French soldier, criminal, and possible Papillon character (1901–2007)

Charles Brunier (/fr/; 31 May 1901 – 26 January 2007) was a French convicted murderer and veteran of both the First and Second World Wars, who claimed in 2005 to have been the inspiration for Papillon. Circumstantial evidence, including his butterfly tattoo and him having been on Devil's Island at the time, supported the claim.

==Biography==
Born in Paris, Brunier served in Syria in 1918 and was wounded in action, also receiving the Croix de Guerre for saving a lieutenant's life. In 1923, however, he was accused of murder and armed robbery, and later convicted; his military medals were revoked as a result, and he was not on the official list of French World War I veterans although he did serve.

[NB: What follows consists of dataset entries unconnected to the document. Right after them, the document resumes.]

-- ===== src/Actions/Engine/Generated.antt =====
-- crates/core/src/actions_engine/engine.rs: the statements that an action answers with,
-- and what a running query disables.
use myr.Prelude.{[], ◌≡◌, refl, Bool, true, false, Option, none, some, arith, Bool-cases, inl, inr}
use myr.Prelude.Text.{Text}
use myr.SqlGenerator.{SqlTarget, count_estimate_sql, filtered_sorted_preview_sql, Generated, next}
use myr.SqlGenerator.Opening.{IsReadSql}
use myr.SqlGenerator.Safety.{IsSafeGenerated, table_statements_safe, column_statements_safe}
use myr.Actions.Catalog.{
  ActionId, ActionContext, preview_table, jump_to_related_table, run_health_diagnostics,
  previous_page, next_page, describe_table, show_indexes, show_create_table, count_estimate,
  run_current_query, apply_limit200, explain_query, build_filter_sort_query, insert_select_snippet,
  insert_join_snippet, cancel_running_query, export_csv, export_json, export_csv_gzip,
  export_json_gzip, export_json_lines, export_json_lines_gzip, save_bookmark, open_bookmark,
  copy_cell, copy_row, search_results, focus_query_editor,
}
use myr.Actions.Invocation.{
  ActionInvocation, ActionEngineError, action_disabled, replace_query_editor_text, run_sql, Outcome,
  ok, err, ok_or, ◌>>=◌,
}
use myr.Actions.Snippets.{preview_limit, context_selected_column, from_generated}
use myr.Actions.Enablement.{action_enabled}
use myr.Actions.Engine.{ActionsEngine, invocation, invoke, recorded, selected_target}

-- Whether the statement to run, where the invocation is one, has the property.
abbrev pub Sends : (Text → Type 0) → ActionInvocation → Type 0
Sends P (run_sql sql) = P sql
Sends P _ = Unit

abbrev pub Answers : (Text → Type 0) → Outcome ActionInvocation → Type 0
Answers P (err e) = Unit
Answers P (ok i) = Sends P i

-- The text that the user wrote in the editor reaches the server by these two actions only.
abbrev pub sends_query : ActionId → Bool
sends_query run_current_query = true
sends_query explain_query = true
sends_query _ = false

with_target :
    (P : Text → Type 0) (r : Outcome SqlTarget) (f : SqlTarget → Outcome ActionInvocation)
    → ((t : SqlTarget) → Answers P (f t))
    → Answers P (r >>= f)
with_target P (err e) f h = tt
with_target P (ok t) f h = h t

estimated :
    (g : Generated Text)
    → IsSafeGenerated g
    → Answers IsReadSql (from_generated g >>= (λ sql. ok (run_sql sql)))
estimated (Generated.err e) h = tt
estimated (Generated.ok sql) h = h

edits :
    (q : Option Text) (f : Text → Option Text) (e k : ActionEngineError)
    → Answers IsReadSql
        (ok_or q e >>= (λ query. ok_or (f query) k >>= (λ s. ok (replace_query_editor_text s))))
edits none f e k = tt
edits (some q) f e k = edit (f q)
  where
    edit :
        (o : Option Text)
        → Answers IsReadSql (ok_or o k >>= (λ s. ok (replace_query_editor_text s)))
    edit none = tt
    edit (some s) = tt

filled :
    (g : Generated Text)
    → Answers IsReadSql (from_generated g >>= (λ sql. ok (replace_query_editor_text sql)))
filled (Generated.err e) = tt
filled (Generated.ok sql) = tt

filtered :
    (t : SqlTarget) (column : Option Text)
    → Answers IsReadSql (
        context_selected_column column >>= (λ name.
          from_generated (filtered_sorted_preview_sql t name preview_limit)
          >>= (λ sql. ok (replace_query_editor_text sql))))
unfolding context_selected_column
filtered t none = tt
filtered t (some name) = filled (filtered_sorted_preview_sql t name preview_limit)

invocation_safe :
    (a : ActionId) (c : ActionContext) → sends_query a ≡ false → Answers IsReadSql (invocation a c)
unfolding invocation
invocation_safe preview_table c h =
    with_target IsReadSql (selected_target c) _ (λ t. (table_statements_safe t preview_limit 0).0)
invocation_safe jump_to_related_table c h = tt
invocation_safe run_health_diagnostics c h = tt
invocation_safe previous_page c h = tt
invocation_safe next_page c h = tt
invocation_safe describe_table c h =
    with_target IsReadSql (selected_target c) _ (λ t. (table_statements_safe t 0 0).2)
invocation_safe show_indexes c h =
    with_target IsReadSql (selected_target c) _ (λ t. (table_statements_safe t 0 0).4)
invocation_safe show_create_table c h =
    with_target IsReadSql (selected_target c) _ (λ t. (table_statements_safe t 0 0).3)
invocation_safe count_estimate c h =
    with_target IsReadSql (selected_target c) _
      (λ t. estimated (count_estimate_sql t) (column_statements_safe t [] [] next 0).4)
invocation_safe run_current_query c h = absurd (ground arith)
invocation_safe apply_limit200 c h = edits c.query_text _ _ _
invocation_safe explain_query c h = absurd (ground arith)
invocation_safe build_filter_sort_query c h =
    with_target IsReadSql (selected_target c) _ (λ t. filtered t c.selection.column)
invocation_safe insert_select_snippet c h = tt
invocation_safe insert_join_snippet c h = tt
invocation_safe cancel_running_query c h = tt
invocation_safe export_csv c h = tt
invocation_safe export_json c h = tt
invocation_safe export_csv_gzip c h = tt
invocation_safe export_json_gzip c h = tt
invocation_safe export_json_lines c h = tt
invocation_safe export_json_lines_gzip c h = tt
invocation_safe save_bookmark c h = tt
invocation_safe open_bookmark c h = tt
invocation_safe copy_cell c h = tt
invocation_safe copy_row c h = tt
invocation_safe search_results c h = tt
invocation_safe focus_query_editor c h = tt

recorded-Answers :
    (P : Text → Type 0) (e : ActionsEngine) (a : ActionId) (r : Outcome ActionInvocation)
    → Answers P r
    → Answers P (recorded e a r).1
recorded-Answers P e a (err error) h = tt
recorded-Answers P e a (ok i) h = h

-- Every action but the two that send the editor's text answers, where it answers with a statement to
-- run, one that begins with a reading keyword, whatever names are selected.
pub invoke_safe :
    (e : ActionsEngine) (a : ActionId) (c : ActionContext)
    → sends_query a ≡ false
    → Answers IsReadSql (invoke e a c).1
unfolding invoke
invoke_safe e a c h = elim (Bool-cases (action_enabled a c)) [
  | inl t ↦ rw t (recorded-Answers IsReadSql e a (invocation a c) (invocation_safe a c h))
  | inr f ↦ rw f tt
]

-- The actions that stay possible while a query runs: cancelling it, taking out, copying or searching
-- the rows that there are, and going to the editor.
abbrev pub works_while_running : ActionId → Bool
works_while_running cancel_running_query = true
works_while_running export_csv = true
works_while_running export_json = true
works_while_running export_csv_gzip = true
works_while_running export_json_gzip = true
works_while_running export_json_lines = true
works_while_running export_json_lines_gzip = true
works_while_running copy_cell = true
works_while_running copy_row = true
works_while_running search_results = true
works_while_running focus_query_editor = true
works_while_running _ = false

running_disabled :
    (a : ActionId) (c : ActionContext)
    → c.query_running ≡ true
    → works_while_running a ≡ false
    → action_enabled a c ≡ false
unfolding action_enabled
running_disabled preview_table c h k = ground arith
running_disabled jump_to_related_table c h k = ground arith
running_disabled run_health_diagnostics c h k = ground arith
running_disabled previous_page c h k = ground arith
running_disabled next_page c h k = ground arith
running_disabled describe_table c h k = ground arith
running_disabled show_indexes c h k = ground arith
running_disabled show_create_table c h k = ground arith
running_disabled count_estimate c h k = ground arith
running_disabled run_current_query c h k = ground arith
running_disabled apply_limit200 c h k = ground arith
running_disabled explain_query c h k = ground arith
running_disabled build_filter_sort_query c h k = ground arith
running_disabled insert_select_snippet c h k = ground arith
running_disabled insert_join_snippet c h k = ground arith
running_disabled cancel_running_query c h k = absurd (ground arith)
running_disabled export_csv c h k = absurd (ground arith)
running_disabled export_json c h k = absurd (ground arith)
running_disabled export_csv_gzip c h k = absurd (ground arith)
running_disabled export_json_gzip c h k = absurd (ground arith)
running_disabled export_json_lines c h k = absurd (ground arith)
running_disabled export_json_lines_gzip c h k = absurd (ground arith)
running_disabled save_bookmark c h k = ground arith
running_disabled open_bookmark c h k = ground arith
running_disabled copy_cell c h k = absurd (ground arith)
running_disabled copy_row c h k = absurd (ground arith)
running_disabled search_results c h k = absurd (ground arith)
running_disabled focus_query_editor c h k = absurd (ground arith)

-- While a query runs, every action is refused and leaves the engine as it was, but for cancelling,
-- the six exports, the two copies, the search of the results and going to the query editor.
pub invoke_running :
    (e : ActionsEngine) (a : ActionId) (c : ActionContext)
    → c.query_running ≡ true
    → works_while_running a ≡ false
    → invoke e a c ≡ (e, err (action_disabled a))
unfolding invoke
invoke_running e a c h k = rw (running_disabled a c h k) refl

Brunier was sent to the penal colony off the coast of French Guiana. After the outbreak of World War II he escaped to Mexico and joined the Free French Forces as a fighter pilot, serving in the Battle of the Caribbean for two years before transferring to the infantry under Philippe Leclerc de Hauteclocque, and also in Africa (where Charles de Gaulle personally decorated him) and Italy; he was imprisoned again after the war, but released in 1948 in recognition of his services.

In 1992, Brunier moved into an old people's home in the suburbs of the French capital, where he lived until his death in 2007 at the age of 105.